> [WORK TO COMPLETE]
Of the lines listed below, return exactly those that run from the line containing "ap last_index k.log" through the line containing "Agree-trans m.log n.log g.log", both included.

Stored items
=====

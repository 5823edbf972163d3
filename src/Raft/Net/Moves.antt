-- ===== src/Raft/Net/Moves.antt =====
-- A member moves on, and its new state is added to the past (raft/*.go): each way in which its log
-- may change keeps what Matched.antt says of it.
use fraud_scoring_platform.Raft.Replication.Merge.{last-view}
use fraud_scoring_platform.Raft.Log.Lookup.{view-inv}
use fraud_scoring_platform.Raft.Net.Added.{
  last_index-added, last_term-added, added-IsWhole, added-Agree,
}
use fraud_scoring_platform.Raft.Log.Shape.{view, HasRoom}
use fraud_scoring_platform.Raft.Log.{last_entry, RaftLog, last_term, last_index}
use fraud_scoring_platform.Raft.Net.Growth.{LogGrown, LogKept}
use fraud_scoring_platform.Raft.Net.Origins.{
  Agree-trans, IsMade-IsPast, IsMade, IsWhole, Agree, LedWell, Led, IsPast,
}
use fraud_scoring_platform.Raft.Net.Matched.{IsBehind, MemberWell}
use fraud_scoring_platform.Raft.Node.{Node}
use fraud_scoring_platform.Raft.Types.{Entry, leader, NodeId}
use fraud_scoring_platform.Raft.Net.{Past}
use fraud_scoring_platform.Raft.Log
use fraud_scoring_platform.Prelude.{
  some, [], dec_lt, ◌+◌, ◌∙◌, ◌<◌, sym, subst, ap, ◌≤◌, inl, Elem, inr, ◌≡◌, ◌∷◌, List, arith, refl,
}

-- What a member's move must do to keep the logs matched; `here` is its new state as one of the past.
pub record IsMove {D : Type 0} (past : List (Past D)) (i : NodeId) (n m : Node D) : Type 0 where
  pub now : MemberWell (record { owner = i; node = m } ∷ past) i m
  pub lead : m.role ≡ leader → LedWell (record { owner = i; node = m } ∷ past) m
  -- who led as the same member in the same term had a part of the log
  pub ahead :
      m.role ≡ leader
      → (g : Node D) → Led past i g
      → g.current_term ≡ m.current_term
      → (last_index g.log ≤ last_index m.log) × Agree m.log g.log (last_index g.log)

module _ {D : Type 0} (past : List (Past D)) (i : NodeId) (n m : Node D)
    (old : MemberWell past i n) where
  abbrev longer : List (Past D)
  longer = record { owner = i; node = m } ∷ past

  pub longer-IsPast : IsPast past longer
  longer-IsPast p e = inr e

  self-Led : m.role ≡ leader → Led longer i m
  self-Led r = record { was = inl refl; role = r }

  -- The new state is behind itself.
  pub IsBehind-longer :
      ((g : Node D) → Led past i g → IsBehind g m) → (g : Node D) → Led longer i g → IsBehind g m
  IsBehind-longer h g l = go l.was
    where
      go : Elem (record { owner = i; node = g }) longer → IsBehind g m
      go (inl e) =
          let same : m ≡ g = ap (λ (p : Past D). p.node) e in
          subst (λ k. IsBehind k m) same
            (inr (refl, (λ c. cc (c, same, l.role)), (λ r. (omega arith, (λ j le. refl)))))
      go (inr e) = h g (record { was = e; role = l.role })

  ahead-of :
      ((g : Node D) → Led past i g → IsBehind g m)
      → m.role ≡ leader
      → (g : Node D) → Led past i g
      → g.current_term ≡ m.current_term
      → (last_index g.log ≤ last_index m.log) × Agree m.log g.log (last_index g.log)
  ahead-of h r g l same = elim (h g l) [
    | inl older ↦ absurd (omega (arith, older, same))
    | inr (_, _, has) ↦ has r
  ]

  module _ (k : LogKept n m) where
    kept-IsBehind : (g : Node D) → Led past i g → IsBehind g m
    kept-IsBehind g l = ground (arith, old.behind g l, k.term, k.leads, k.stands, k.log)

    pub LogKept-IsMove : (n.role ≡ leader → LedWell past n) → IsMove past i n m
    LogKept-IsMove led = record {
      now = record {
        whole = subst IsWhole (sym k.log) old.whole;
        made =
            subst (IsMade longer) (sym k.log)
              (IsMade-IsPast past longer longer-IsPast n.log old.made);
        newest = ground (arith, old.newest, k.log, k.term);
        some_term = λ r. ground (arith, old.some_term, k.term, k.stands, k.leads);
        present = λ r. inl refl;
        behind = IsBehind-longer kept-IsBehind;
      };
      lead = λ r.
          let (led_before, same) = k.leads r in
          let w = led led_before in
          record {
            whole = subst IsWhole (sym k.log) w.whole;
            made =
                subst (IsMade longer) (sym k.log)
                  (IsMade-IsPast past longer longer-IsPast n.log w.made);
            own = ground (arith, w.own, k.log, same);
            some_term = omega (arith, w.some_term, same);
            some_index = ground (arith, w.some_index, k.log);
          };
      ahead = ahead-of kept-IsBehind;
    }

  module _ (k : LogGrown n m) (room : HasRoom n.log) where
    grown-newer : last_term n.log ≤ k.entry.term
    grown-newer = ground (arith, old.newest, k.own, k.from)

    abbrev grown : RaftLog
    grown = Log.append n.log (k.entry ∷ [])

    pub grown-last : last_index m.log ≡ last_index n.log + 1
    grown-last =
        ap last_index k.log ∙ last_index-added n.log k.entry old.whole room k.index grown-newer

    pub grown-Agree : Agree m.log n.log (last_index n.log)
    grown-Agree =
        subst (λ l. Agree l n.log (last_index n.log)) (sym k.log)
          (added-Agree n.log k.entry old.whole room k.index grown-newer)

    grown-own : last_term m.log ≡ m.current_term
    grown-own =
        ap last_term k.log
        ∙ last_term-added n.log k.entry old.whole room k.index grown-newer
        ∙ k.own

    grown-IsWhole : IsWhole m.log
    grown-IsWhole =
        subst IsWhole (sym k.log) (added-IsWhole n.log k.entry old.whole room k.index grown-newer)

    grown-IsBehind : (g : Node D) → Led past i g → IsBehind g m
    grown-IsBehind g l = elim (old.behind g l) [
      | inl older ↦ inl (ground (arith, older, k.from))
      | inr (same, stands, has) ↦ elim k.from [
        | inl newer ↦ inl (omega (arith, same, newer))
        | inr (term, inr stood) ↦ absurd (stands stood)
        | inr (term, inl led) ↦ inr (
          same ∙ term,
          (λ c. cc (c, k.role)),
          λ r.
              let (le, agree) = has led in
              (
                omega (arith, le, grown-last),
                Agree-trans m.log n.log g.log (last_index g.log) (last_index n.log) le grown-Agree
                    agree,
              ),
        )
      ]
    ]

    grown-last-term : (x : Entry) → view m.log (last_index m.log) ≡ some x → x.term ≡ m.current_term
    grown-last-term x at = ground (arith, last-view m.log grown-IsWhole.good, at, grown-own)

    grown-IsMade : IsMade longer m.log
    grown-IsMade d x lt at = elim (dec_lt (last_index n.log) d) [
      | no inside ↦
          let o =
            IsMade-IsPast past longer longer-IsPast n.log old.made d x lt
              (sym (grown-Agree d (omega arith)) ∙ at) in
          record {
            owner = o.owner;
            node = o.node;
            led = o.led;
            index = o.index;
            term = o.term;
            agree =
                Agree-trans m.log n.log o.node.log d (last_index n.log) (omega arith) grown-Agree
                  o.agree;
          }
      | yes new ↦
          let (_, hi, _, index, term) = view-inv m.log grown-IsWhole.good d x at in
          record {
            owner = i;
            node = m;
            led = self-Led k.role;
            index = omega (arith, grown-last, hi);
            term = sym (
                grown-last-term x
                  (subst (λ j. view m.log j ≡ some x) (omega (arith, grown-last, hi)) at));
            agree = λ j le. refl;
          }
    ]

    grown-some_term : 0 < m.current_term
    grown-some_term = ground (arith, k.from, old.some_term)

    pub LogGrown-IsMove : IsMove past i n m
    LogGrown-IsMove = record {
      now = record {
        whole = grown-IsWhole;
        made = grown-IsMade;
        newest = omega (arith, grown-own);
        some_term = λ r. grown-some_term;
        present = λ r. inl refl;
        behind = IsBehind-longer grown-IsBehind;
      };
      lead = λ r. record {
        whole = grown-IsWhole;
        made = grown-IsMade;
        own = grown-own;
        some_term = grown-some_term;
        some_index = omega (arith, grown-last);
      };
      ahead = ahead-of grown-IsBehind;
    }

=====

> [WRITTEN SOLUTION]
        ap last_index k.log ∙ last_index-added n.log k.entry old.whole room k.index grown-newer

    pub grown-Agree : Agree m.log n.log (last_index n.log)
    grown-Agree =
        subst (λ l. Agree l n.log (last_index n.log)) (sym k.log)
          (added-Agree n.log k.entry old.whole room k.index grown-newer)

    grown-own : last_term m.log ≡ m.current_term
    grown-own =
        ap last_term k.log
        ∙ last_term-added n.log k.entry old.whole room k.index grown-newer
        ∙ k.own

    grown-IsWhole : IsWhole m.log
    grown-IsWhole =
        subst IsWhole (sym k.log) (added-IsWhole n.log k.entry old.whole room k.index grown-newer)

    grown-IsBehind : (g : Node D) → Led past i g → IsBehind g m
    grown-IsBehind g l = elim (old.behind g l) [
      | inl older ↦ inl (ground (arith, older, k.from))
      | inr (same, stands, has) ↦ elim k.from [
        | inl newer ↦ inl (omega (arith, same, newer))
        | inr (term, inr stood) ↦ absurd (stands stood)
        | inr (term, inl led) ↦ inr (
          same ∙ term,
          (λ c. cc (c, k.role)),
          λ r.
              let (le, agree) = has led in
              (
                omega (arith, le, grown-last),
                Agree-trans m.log n.log g.log (last_index g.log) (last_index n.log) le grown-Agree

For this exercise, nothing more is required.